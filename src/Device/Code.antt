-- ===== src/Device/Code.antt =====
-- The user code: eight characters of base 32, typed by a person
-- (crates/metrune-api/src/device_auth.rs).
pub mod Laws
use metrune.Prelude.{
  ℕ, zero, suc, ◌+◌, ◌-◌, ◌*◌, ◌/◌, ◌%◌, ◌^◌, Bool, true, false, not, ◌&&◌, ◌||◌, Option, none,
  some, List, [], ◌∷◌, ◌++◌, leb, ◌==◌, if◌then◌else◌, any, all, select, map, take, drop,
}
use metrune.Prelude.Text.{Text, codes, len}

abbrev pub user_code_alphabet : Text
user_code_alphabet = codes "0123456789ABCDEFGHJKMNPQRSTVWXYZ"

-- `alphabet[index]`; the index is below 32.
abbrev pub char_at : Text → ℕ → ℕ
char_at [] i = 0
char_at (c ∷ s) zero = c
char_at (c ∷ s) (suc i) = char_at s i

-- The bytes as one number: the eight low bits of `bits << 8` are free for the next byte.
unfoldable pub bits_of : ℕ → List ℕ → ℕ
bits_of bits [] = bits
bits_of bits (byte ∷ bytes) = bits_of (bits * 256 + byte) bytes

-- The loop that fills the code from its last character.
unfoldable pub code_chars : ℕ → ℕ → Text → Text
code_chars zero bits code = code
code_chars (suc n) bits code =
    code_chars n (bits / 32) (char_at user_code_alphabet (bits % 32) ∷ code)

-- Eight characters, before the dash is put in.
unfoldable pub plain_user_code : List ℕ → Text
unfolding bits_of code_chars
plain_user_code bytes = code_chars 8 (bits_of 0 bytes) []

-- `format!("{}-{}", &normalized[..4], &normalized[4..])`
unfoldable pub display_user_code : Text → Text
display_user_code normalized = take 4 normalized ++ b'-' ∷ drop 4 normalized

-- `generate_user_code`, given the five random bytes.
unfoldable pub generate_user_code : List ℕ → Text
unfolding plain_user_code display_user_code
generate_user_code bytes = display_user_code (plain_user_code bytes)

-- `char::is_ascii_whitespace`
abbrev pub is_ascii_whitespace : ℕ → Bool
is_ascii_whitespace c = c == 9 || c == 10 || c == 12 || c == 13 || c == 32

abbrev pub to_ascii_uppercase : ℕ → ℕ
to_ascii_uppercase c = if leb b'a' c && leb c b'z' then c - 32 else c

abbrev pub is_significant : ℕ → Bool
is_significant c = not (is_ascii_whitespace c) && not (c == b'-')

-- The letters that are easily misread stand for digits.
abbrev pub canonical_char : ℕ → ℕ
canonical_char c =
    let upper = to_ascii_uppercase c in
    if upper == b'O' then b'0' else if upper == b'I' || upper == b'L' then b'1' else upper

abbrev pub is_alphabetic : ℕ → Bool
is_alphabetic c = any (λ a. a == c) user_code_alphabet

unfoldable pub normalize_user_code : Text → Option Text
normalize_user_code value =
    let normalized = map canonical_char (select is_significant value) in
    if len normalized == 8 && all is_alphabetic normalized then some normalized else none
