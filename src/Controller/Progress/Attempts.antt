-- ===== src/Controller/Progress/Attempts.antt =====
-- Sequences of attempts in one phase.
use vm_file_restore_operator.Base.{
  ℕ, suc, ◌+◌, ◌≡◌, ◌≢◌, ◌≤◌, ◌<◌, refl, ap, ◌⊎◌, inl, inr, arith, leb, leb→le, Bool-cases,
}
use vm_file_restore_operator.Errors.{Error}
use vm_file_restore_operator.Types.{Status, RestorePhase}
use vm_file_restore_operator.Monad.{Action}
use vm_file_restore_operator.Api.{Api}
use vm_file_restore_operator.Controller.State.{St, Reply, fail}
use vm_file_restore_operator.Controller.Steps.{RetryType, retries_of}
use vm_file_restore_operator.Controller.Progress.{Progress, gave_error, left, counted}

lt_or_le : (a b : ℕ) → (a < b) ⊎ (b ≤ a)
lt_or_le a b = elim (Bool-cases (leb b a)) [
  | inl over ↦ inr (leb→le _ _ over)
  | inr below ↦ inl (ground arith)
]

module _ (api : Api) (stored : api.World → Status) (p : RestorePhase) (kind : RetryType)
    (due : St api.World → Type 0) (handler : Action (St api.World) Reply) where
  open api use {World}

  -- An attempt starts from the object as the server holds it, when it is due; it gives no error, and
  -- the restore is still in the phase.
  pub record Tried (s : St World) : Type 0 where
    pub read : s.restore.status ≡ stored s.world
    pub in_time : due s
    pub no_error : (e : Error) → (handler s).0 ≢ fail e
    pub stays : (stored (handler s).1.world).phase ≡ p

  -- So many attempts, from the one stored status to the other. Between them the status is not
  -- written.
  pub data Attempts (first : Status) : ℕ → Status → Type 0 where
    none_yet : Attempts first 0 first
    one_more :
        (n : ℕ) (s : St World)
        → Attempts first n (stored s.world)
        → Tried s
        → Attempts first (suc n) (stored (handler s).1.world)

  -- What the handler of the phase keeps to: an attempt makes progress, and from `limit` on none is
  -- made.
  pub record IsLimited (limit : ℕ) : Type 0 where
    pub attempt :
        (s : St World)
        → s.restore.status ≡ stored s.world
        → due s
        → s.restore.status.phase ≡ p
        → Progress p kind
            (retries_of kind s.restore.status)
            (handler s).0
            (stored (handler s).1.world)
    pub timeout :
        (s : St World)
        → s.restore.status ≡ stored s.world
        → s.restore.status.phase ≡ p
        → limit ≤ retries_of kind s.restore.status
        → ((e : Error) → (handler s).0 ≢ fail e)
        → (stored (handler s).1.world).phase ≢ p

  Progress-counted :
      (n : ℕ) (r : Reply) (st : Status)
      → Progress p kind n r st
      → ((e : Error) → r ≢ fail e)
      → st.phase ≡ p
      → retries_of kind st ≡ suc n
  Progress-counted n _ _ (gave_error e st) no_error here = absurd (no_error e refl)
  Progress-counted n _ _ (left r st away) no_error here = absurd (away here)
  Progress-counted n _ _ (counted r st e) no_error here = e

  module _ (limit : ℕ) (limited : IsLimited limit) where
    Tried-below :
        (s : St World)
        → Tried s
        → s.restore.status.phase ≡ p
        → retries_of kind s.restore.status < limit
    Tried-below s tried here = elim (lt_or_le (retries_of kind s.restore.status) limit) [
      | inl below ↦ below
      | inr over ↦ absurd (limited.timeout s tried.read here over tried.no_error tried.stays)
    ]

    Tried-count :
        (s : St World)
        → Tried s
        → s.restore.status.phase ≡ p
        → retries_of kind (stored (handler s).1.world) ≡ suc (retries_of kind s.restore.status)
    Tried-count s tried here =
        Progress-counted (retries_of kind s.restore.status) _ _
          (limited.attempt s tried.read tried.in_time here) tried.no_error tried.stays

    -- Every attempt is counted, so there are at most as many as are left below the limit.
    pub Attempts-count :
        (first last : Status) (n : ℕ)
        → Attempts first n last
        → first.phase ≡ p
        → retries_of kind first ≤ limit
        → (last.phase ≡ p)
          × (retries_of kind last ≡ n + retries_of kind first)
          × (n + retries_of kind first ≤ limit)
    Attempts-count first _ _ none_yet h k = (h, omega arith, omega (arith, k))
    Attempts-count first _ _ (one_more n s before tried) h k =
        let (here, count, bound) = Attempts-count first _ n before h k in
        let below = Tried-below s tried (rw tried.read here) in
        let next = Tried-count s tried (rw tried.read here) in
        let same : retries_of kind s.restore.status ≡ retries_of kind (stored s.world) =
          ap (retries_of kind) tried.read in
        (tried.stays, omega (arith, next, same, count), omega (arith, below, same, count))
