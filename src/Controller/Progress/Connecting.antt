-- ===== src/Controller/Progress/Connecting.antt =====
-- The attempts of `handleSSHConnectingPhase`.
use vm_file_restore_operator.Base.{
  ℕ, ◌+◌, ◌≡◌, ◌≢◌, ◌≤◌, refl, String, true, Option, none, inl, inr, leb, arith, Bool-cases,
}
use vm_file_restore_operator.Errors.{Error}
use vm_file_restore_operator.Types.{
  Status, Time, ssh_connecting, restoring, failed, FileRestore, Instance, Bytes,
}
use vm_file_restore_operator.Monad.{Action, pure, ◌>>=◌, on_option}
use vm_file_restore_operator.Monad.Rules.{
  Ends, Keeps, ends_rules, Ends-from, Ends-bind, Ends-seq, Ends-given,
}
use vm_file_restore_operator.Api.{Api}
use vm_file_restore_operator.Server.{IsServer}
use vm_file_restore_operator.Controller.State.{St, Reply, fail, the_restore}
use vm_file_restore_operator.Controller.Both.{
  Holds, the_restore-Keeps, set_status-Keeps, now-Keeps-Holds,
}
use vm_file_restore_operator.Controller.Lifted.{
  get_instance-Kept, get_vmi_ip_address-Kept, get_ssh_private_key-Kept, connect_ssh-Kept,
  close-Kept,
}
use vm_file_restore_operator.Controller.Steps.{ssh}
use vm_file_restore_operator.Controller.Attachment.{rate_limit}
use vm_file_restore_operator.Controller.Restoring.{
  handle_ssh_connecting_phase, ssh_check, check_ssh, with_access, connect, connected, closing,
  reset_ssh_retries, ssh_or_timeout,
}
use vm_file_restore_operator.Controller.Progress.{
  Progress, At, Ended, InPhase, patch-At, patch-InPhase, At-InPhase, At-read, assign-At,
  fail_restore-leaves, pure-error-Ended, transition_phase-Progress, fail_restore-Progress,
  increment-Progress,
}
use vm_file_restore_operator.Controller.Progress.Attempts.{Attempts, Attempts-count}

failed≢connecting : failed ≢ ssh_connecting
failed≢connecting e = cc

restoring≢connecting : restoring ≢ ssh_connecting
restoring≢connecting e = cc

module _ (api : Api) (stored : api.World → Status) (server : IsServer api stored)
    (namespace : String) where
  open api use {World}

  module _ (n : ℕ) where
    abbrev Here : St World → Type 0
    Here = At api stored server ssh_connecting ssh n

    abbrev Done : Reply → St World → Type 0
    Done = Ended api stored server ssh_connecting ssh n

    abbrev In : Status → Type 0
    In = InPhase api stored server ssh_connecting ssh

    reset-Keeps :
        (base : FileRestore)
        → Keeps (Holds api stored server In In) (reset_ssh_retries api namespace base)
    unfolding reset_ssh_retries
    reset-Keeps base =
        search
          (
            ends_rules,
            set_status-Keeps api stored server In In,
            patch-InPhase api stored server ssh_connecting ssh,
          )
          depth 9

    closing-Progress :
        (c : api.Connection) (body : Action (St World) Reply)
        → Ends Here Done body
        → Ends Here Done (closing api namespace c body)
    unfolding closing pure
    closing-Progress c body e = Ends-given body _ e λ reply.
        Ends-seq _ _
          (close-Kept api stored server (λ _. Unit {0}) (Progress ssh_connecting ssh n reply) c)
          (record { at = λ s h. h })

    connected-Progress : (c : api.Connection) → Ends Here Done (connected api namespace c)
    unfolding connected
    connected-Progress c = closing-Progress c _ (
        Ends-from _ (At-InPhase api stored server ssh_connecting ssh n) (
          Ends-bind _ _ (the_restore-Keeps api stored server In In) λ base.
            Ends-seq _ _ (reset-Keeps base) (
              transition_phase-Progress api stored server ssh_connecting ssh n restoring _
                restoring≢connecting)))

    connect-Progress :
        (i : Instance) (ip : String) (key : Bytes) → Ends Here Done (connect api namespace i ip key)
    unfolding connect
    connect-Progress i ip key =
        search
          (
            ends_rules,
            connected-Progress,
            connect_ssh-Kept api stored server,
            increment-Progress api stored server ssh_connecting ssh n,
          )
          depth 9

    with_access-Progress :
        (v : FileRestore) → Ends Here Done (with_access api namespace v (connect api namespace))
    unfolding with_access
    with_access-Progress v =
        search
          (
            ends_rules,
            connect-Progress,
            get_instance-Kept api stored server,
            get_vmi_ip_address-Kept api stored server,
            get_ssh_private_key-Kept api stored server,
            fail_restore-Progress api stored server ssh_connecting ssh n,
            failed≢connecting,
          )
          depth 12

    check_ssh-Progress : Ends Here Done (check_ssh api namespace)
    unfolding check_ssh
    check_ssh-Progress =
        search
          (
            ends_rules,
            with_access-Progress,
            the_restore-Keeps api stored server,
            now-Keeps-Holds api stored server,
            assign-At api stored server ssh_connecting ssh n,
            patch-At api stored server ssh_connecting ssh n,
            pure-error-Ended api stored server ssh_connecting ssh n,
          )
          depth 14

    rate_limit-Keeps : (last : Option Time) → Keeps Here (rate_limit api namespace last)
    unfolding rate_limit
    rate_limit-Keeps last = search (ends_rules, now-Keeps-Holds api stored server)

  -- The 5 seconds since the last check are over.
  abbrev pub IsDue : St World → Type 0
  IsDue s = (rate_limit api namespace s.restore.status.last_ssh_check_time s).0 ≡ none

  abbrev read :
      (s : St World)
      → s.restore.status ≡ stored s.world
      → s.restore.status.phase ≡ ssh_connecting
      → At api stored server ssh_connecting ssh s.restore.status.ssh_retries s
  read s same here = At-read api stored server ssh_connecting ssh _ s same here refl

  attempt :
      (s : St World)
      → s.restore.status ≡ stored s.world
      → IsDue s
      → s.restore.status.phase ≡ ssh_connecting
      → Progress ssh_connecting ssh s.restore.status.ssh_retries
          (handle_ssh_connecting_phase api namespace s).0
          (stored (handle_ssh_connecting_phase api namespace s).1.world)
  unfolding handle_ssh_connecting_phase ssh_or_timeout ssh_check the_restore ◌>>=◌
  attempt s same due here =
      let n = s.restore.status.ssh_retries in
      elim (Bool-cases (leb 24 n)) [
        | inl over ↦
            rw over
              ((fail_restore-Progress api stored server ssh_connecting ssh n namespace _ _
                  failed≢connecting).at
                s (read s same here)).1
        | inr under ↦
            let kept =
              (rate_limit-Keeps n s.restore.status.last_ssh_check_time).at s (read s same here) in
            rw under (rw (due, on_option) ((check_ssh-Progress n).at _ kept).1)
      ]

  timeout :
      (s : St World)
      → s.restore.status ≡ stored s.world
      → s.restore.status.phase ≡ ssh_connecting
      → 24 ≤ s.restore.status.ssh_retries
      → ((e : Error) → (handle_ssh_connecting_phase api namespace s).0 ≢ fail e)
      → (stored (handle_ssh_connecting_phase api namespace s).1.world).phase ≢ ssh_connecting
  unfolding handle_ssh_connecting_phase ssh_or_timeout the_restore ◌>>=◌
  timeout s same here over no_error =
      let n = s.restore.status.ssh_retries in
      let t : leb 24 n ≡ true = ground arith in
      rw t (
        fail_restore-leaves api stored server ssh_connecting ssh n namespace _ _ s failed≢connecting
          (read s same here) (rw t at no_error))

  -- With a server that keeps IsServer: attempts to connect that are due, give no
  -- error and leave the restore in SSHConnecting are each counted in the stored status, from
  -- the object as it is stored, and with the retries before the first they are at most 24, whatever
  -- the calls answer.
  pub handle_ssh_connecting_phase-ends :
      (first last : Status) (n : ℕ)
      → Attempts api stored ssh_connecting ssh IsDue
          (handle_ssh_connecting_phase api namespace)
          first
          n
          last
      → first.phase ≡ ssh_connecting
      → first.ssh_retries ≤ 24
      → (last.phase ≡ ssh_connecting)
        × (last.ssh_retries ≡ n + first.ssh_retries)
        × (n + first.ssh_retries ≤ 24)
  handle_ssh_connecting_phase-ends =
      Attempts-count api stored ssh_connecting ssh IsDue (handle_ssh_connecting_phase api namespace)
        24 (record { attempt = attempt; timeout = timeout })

■ Task item:
The required output is the stretch of entries above from the line containing "abbrev Here : St World → Type 0" through the line containing "abbrev In : Status → Type 0", reproduced exactly.

■ Worked solution:
    abbrev Here : St World → Type 0
    Here = At api stored server ssh_connecting ssh n

    abbrev Done : Reply → St World → Type 0
    Done = Ended api stored server ssh_connecting ssh n

    abbrev In : Status → Type 0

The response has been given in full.